Equilibrium of Non-concurrent Force Systems

Translational Equilibrium: The sum of all external forces in every direction must be zero

$$\sum F_x = 0,\quad \sum F_y = 0,\quad \sum F_z = 0 \quad \text{(for 3D systems)}$$

Rotational Equilibrium: The sum of all moments about any point must also be zero

$$\sum M = 0$$

In engineering mechanics, a non-concurrent force system refers to a group of forces whose lines of action do not intersect at a single point. These forces may act on different parts of a rigid body and can include forces and moments (torques). To achieve equilibrium in such systems, a body must satisfy both conditions above.

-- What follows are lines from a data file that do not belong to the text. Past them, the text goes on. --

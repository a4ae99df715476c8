-- ===== src/Probe.antt =====
-- src/ble.rs, what the hub learns from a probe over BLE: its advertisements, the scan that collects
-- them, and the readings of its environmental service.
pub mod Utf8
pub mod Adverts
pub mod Scan
pub mod Readings
pub mod Tests
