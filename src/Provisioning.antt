-- ===== src/Provisioning.antt =====
-- src/wifi_prov.rs: the credentials that a phone writes over BLE, and the list of probes that it reads.
pub mod Credentials
pub mod ProbeList
pub mod Run
pub mod Tests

General Resultant of Non-concurrent Force Systems:

$$R = \sqrt{(\sum F_x)^2 + (\sum F_y)^2 + (\sum F_z)^2}$$

For Forces Lying on a 2D Plane Only

$$\tan(\theta) = \frac{\sum F_y}{\sum F_x}$$

Directional Cosines:

$\cos(\theta_x) = \frac{F_x}{F}$

$\cos(\theta_y) = \frac{F_y}{F}$

$\cos(\theta_z) = \frac{F_z}{F}$

The location of the resultant force is determined by Varignon's Theorem.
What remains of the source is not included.